Dimira’s hollowed brown eyes filled with tears again. “Xiao Li … she was so strong. I think …” Dimira swallowed. “I think if I hadn’t shot the gun …”

“No!” Cono shook her. “He was going to kill us all. You had no choice. Look at me. You had no choice.”

A distant whomping halted their conversation. The sound grew louder and was joined by two harsh, continuous whistles. Dimira scrambled beneath a thick juniper tree, with Cono on her heels. They huddled against the trunk and looked up. Two military-green helicopters passed over them, so low that the prop wash shook all the trees around them. Cono motioned for Dimira to give him the pistol that had been glued to her hand during the climb.

“Just in case,” he yelled over the deafening noise.

The whistles of the engines shifted to a lower tone as the copters rose up the mountainside. Only a few minutes passed before the popping of blades against the air again destroyed the trickling sound of the nearby stream. The copters were higher this time, and their noise receded quickly as they veered down the mountain.

The search seemed half-hearted. Maybe Zheng’s embassy had pressured a reluctant Kazak military to find the murderers of their diplomatic personnel. Cono imagined Bulat saying: “We are most fortunate that Beijing does not have its own helicopters in my city. Yet.”

Or maybe the Bureau had localized the cell phone calls made from the quarry and found their leader’s corpse on top of a dead woman, and then followed up with a perfunctory reconnaissance.

Or perhaps Katerina had fled back to the Americans and claimed credit for the foiling of the jihadis and the destruction of the high-U, which duly provoked the Americans to pressure the Kazak military to make a sweep for any jihadis who might have escaped.

Cono wondered what options Katerina had left. She probably had another card yet to be played, a new role, perhaps with the Russians. Such a superb actor. For all her worries about her family back home in Ukraine, she could have left the drama behind long ago. But she liked the stage. “Addicted,” she had written. Cono tried to hate her, to form feelings of what people called revenge, but they didn’t come. The only time he’d had a fully formed thought of revenge was when he’d wanted to kill his father. But he never got the chance.

“They’ve been gone awhile,” Dimira said. “I don’t think they’re coming back. We can go on.”

Sitting out the copters’ search had opened the floodgates of Cono’s fatigue, and Dimira’s words seemed dreamlike.

“Dimira, I need to rest.” He saw her worried eyes only hazily. “It will be cold. We’ll make the leaves into a pile.” Cono was having trouble even forming words.

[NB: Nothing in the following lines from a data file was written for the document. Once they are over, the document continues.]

-- ===== src/Plan/Allowlist.antt =====
-- The allowlist accepts the plan that `build_plan` makes, and no other.
use mathlib.Core.List.{flat_map}
use oukitel_rt7_linux.Prelude.{
  ◌≡◌, refl, sym, ap, ap₂, ◌∙◌, ◌↔◌, false, List, [], ◌∷◌, ◌++◌, map, arith, ok, contains, list_eq,
  nat_eq, list_beq_iff, All, All-append,
}
use oukitel_rt7_linux.Python.Text.{Text, text}
use oukitel_rt7_linux.Python.Text.Split.{
  split, join, Lacks, join-split, split-join, split-Lacks, contains-append,
}
use oukitel_rt7_linux.Python.Dict.{keys}
use oukitel_rt7_linux.Python.Path.{FilePath, ◌/◌, path_str, contains-path_str}
use oukitel_rt7_linux.Plan.{
  space, bin, capture_passes, partitions, read_command, pass_plan, build_plan, pass_words,
  expected_words, validate_read_only_plan,
}

abbrev unwords : List (List Text) → List Text
unwords = map (join space)

map-append : (xs ys : List (List Text)) → unwords (xs ++ ys) ≡ unwords xs ++ unwords ys
map-append [] ys = refl
map-append (x ∷ xs) ys = ap (λ l. join space x ∷ l) (map-append xs ys)

unwords-reads :
    (pass_output : FilePath) (names : List Text)
    → unwords (map (λ name. text "r" ∷ name ∷ path_str (pass_output / bin name) ∷ []) names)
      ≡ map (read_command pass_output) names
unfolding read_command join
unwords-reads pass_output [] = refl
unwords-reads pass_output (name ∷ names) =
    ap (λ l. read_command pass_output name ∷ l) (unwords-reads pass_output names)

unwords-pass_words :
    (pass_output : FilePath) (names : List Text)
    → unwords (pass_words pass_output names) ≡ pass_plan pass_output names
unfolding pass_words pass_plan join
unwords-pass_words pass_output names =
    rw (map-append (map (λ name. text "r" ∷ name ∷ path_str (pass_output / bin name) ∷ []) names))
      (rw (unwords-reads pass_output names) refl)

unwords-passes :
    (output : FilePath) (names passes : List Text)
    → unwords (flat_map (λ pass_name. pass_words (output / pass_name) names) passes)
      ≡ flat_map (λ pass_name. pass_plan (output / pass_name) names) passes
unfolding flat_map
unwords-passes output names [] = refl
unwords-passes output names (p ∷ passes) =
    rw (map-append (pass_words (output / p) names))
      (rw (unwords-pass_words (output / p) names) (rw (unwords-passes output names passes) refl))

unwords-expected_words : (output : FilePath) → unwords (expected_words output) ≡ build_plan output
unfolding expected_words build_plan
unwords-expected_words output = unwords-passes output (keys partitions) capture_passes

-- A command's words, none of which holds a space.
abbrev IsWords : List Text → Type 0
IsWords [] = ⊥
IsWords (w ∷ ws) = All (Lacks space) (w ∷ ws)

split_words :
    (commands : List (List Text))
    → All IsWords commands
    → map (split space) (unwords commands) ≡ commands
split_words [] h = refl
split_words ([] ∷ commands) h = absurd h.0
split_words ((w ∷ ws) ∷ commands) h =
    ap₂ (λ a b. a ∷ b) (split-join space w ws h.0) (split_words commands h.1)

unwords-split : (plan : List Text) → unwords (map (split space) plan) ≡ plan
unwords-split [] = refl
unwords-split (command ∷ plan) = ap₂ (λ a b. a ∷ b) (join-split space command) (unwords-split plan)

split-IsWords : (plan : List Text) → All (All (Lacks space)) (map (split space) plan)
split-IsWords [] = tt
split-IsWords (command ∷ plan) = (split-Lacks space command, split-IsWords plan)

child-Lacks :
    (path : FilePath) (name : Text)
    → Lacks space (path_str path)
    → Lacks space name
    → Lacks space (path_str (path / name))
child-Lacks path name h k =
    rw (contains-path_str path name space (unfold contains in refl)) (ground arith)

module _ (pass_output : FilePath) (clean : Lacks space (path_str pass_output)) where
  reads-IsWords :
      (names : List Text)
      → All (Lacks space) names
      → All IsWords (map (λ name. text "r" ∷ name ∷ path_str (pass_output / bin name) ∷ []) names)
  reads-IsWords [] h = tt
  reads-IsWords (name ∷ names) h = (
    (
      unfold contains in refl,
      (
        h.0,
        (
          child-Lacks pass_output (bin name) clean
              (rw (contains-append name (text ".bin") space) (rw (h.0) (unfold contains in refl))),
          tt,
        ),
      ),
    ),
    reads-IsWords names h.1,
  )

  pass_words-IsWords :
      (names : List Text) → All (Lacks space) names → All IsWords (pass_words pass_output names)
  unfolding pass_words contains
  pass_words-IsWords names h = (
    (refl, (clean, tt)),
    All-append IsWords _ _ (reads-IsWords names h) (
      (
        refl,
        (
          refl,
          (
            refl,
            (child-Lacks pass_output (text "preloader_lu0.bin") clean refl, (refl, (refl, tt))),
          ),
        ),
      ),
      (
        (
          refl,
          (
            refl,
            (
              refl,
              (child-Lacks pass_output (text "preloader_lu1.bin") clean refl, (refl, (refl, tt))),
            ),
          ),
        ),
        tt,
      ),
    ),
  )

partitions-Lacks : All (Lacks space) (keys partitions)
unfolding partitions keys contains
partitions-Lacks = (
  refl,
  (
    refl,
    (
      refl,
      (
        refl,
        (
          refl,
          (
            refl,
            (
              refl,
              (refl, (refl, (refl, (refl, (refl, (refl, (refl, (refl, (refl, (refl, tt)))))))))),
            ),
          ),
        ),
      ),
    ),
  ),
)

expected_words-IsWords :
    (output : FilePath) → Lacks space (path_str output) → All IsWords (expected_words output)
unfolding expected_words flat_map
expected_words-IsWords output h =
    let names = keys partitions in
    let one = pass_words (output / text "pass1") names in
    let two = pass_words (output / text "pass2") names in
    All-append IsWords one (two ++ []) (pass (text "pass1") (unfold contains in refl))
      (All-append IsWords two [] (pass (text "pass2") (unfold contains in refl)) tt)
  where
    pass :
        (name : Text)
        → Lacks space name
        → All IsWords (pass_words (output / name) (keys partitions))
    pass name k =
        pass_words-IsWords (output / name) (child-Lacks output name h k) (keys partitions)
          partitions-Lacks

-- The first command names the directory of the first pass.
Lacks-output :
    (output : FilePath)
    → All (All (Lacks space)) (expected_words output)
    → Lacks space (path_str output)
unfolding expected_words flat_map pass_words
Lacks-output output h =
    ground (arith, contains-path_str output (text "pass1") space (unfold contains in refl), h.0.1.0)

pub validate_read_only_plan-eq-ok :
    (plan : List Text) (output : FilePath)
    → (validate_read_only_plan plan output ≡ ok tt)
      ↔ (map (split space) plan ≡ expected_words output)
unfolding validate_read_only_plan
validate_read_only_plan-eq-ok plan output =
    ground (arith, list_beq_iff (map (split space) plan) (expected_words output))

-- The allowlist accepts exactly the plan of `build_plan`, and that only where the output
-- directory's path holds no space.
pub validate_read_only_plan_iff :
    (plan : List Text) (output : FilePath)
    → (validate_read_only_plan plan output ≡ ok tt)
      ↔ ((plan ≡ build_plan output) × (contains (path_str output) space ≡ false))
validate_read_only_plan_iff plan output = (
  λ h.
      let e = (validate_read_only_plan-eq-ok plan output).0 h in
      (
        sym (unwords-split plan) ∙ ap unwords e ∙ unwords-expected_words output,
        Lacks-output output (rw e at (split-IsWords plan)),
      ),
  λ (e, clean). (validate_read_only_plan-eq-ok plan output).1 (
      rw e (
        rw (← (unwords-expected_words output))
          (split_words (expected_words output) (expected_words-IsWords output clean)))),
)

They crawled away from the juniper to a stand of ash and pushed the crackling leaves into a mound. Although it was still daylight, they were already in the shadow of the mountain spur. They crawled into the pile, sweeping more leaves over themselves. They lay with their arms wrapped around each other. Dimira winced at a pain in her chest; she guessed she had broken a rib in the fall at the quarry, but she’d said nothing to Cono about it. She moved slightly, to a more comfortable position, with Cono’s face next to hers. She kissed Cono’s lips, but he had already passed into a sleep that not even dreams could enter.

19

Cono slept until the morning sun had breached the spine of the mountains to the east. From the angle of the light filtering through the branches above him, he guessed he’d been out for fourteen hours.

“Your friend Bulat was right. You needed sleep.” Dimira was washing mushrooms and wolfberries and wild walnuts in the stream and placing them on a slab of slate.

“Yes, he was right about many things.” Cono picked a piece of leaf from his eyelid and observed Dimira. “Looks like you know the fruits of the forest.”

“This is the way I lived with my baby, for almost a year, before I found work.”

“I also lived like this, in the wild, for a long time when I was little,” Cono said. “I miss it. I miss being wild.”

They ate, washed their faces and moved on, up the mountain. There was much ground to cover on this day.

The climb was painful for Cono at first, but gradually the pumping of his legs became pleasurable and made him want to climb faster. Dimira, too, seemed rejuvenated, only occasionally pressing her hand against her ribs and suggesting a stop to admire the view and catch their breath. They followed the ascending avenue of trees hugging the stream until it met a cascade falling over a cliff. Bathed by the spray, they pulled themselves up, searching for grips and footholds that could bear their weight.

At the top of the cliff an immense bowl of meadow spread before them, and the whiteness of the far peaks flashed in the sunlight. Two startled marmots raced away, their fur rippling with gold and amber. Dimira and Cono walked quickly across the meadow, accelerating their pace with each step. When Dimira broke into a halting run, her arms outstretched as if she wanted to hug the entire landscape, Cono ran after her.

They stopped to drink from one of the strands of a stream weaving through the far side of the meadow, and splashed the cold water at each other until they were shivering.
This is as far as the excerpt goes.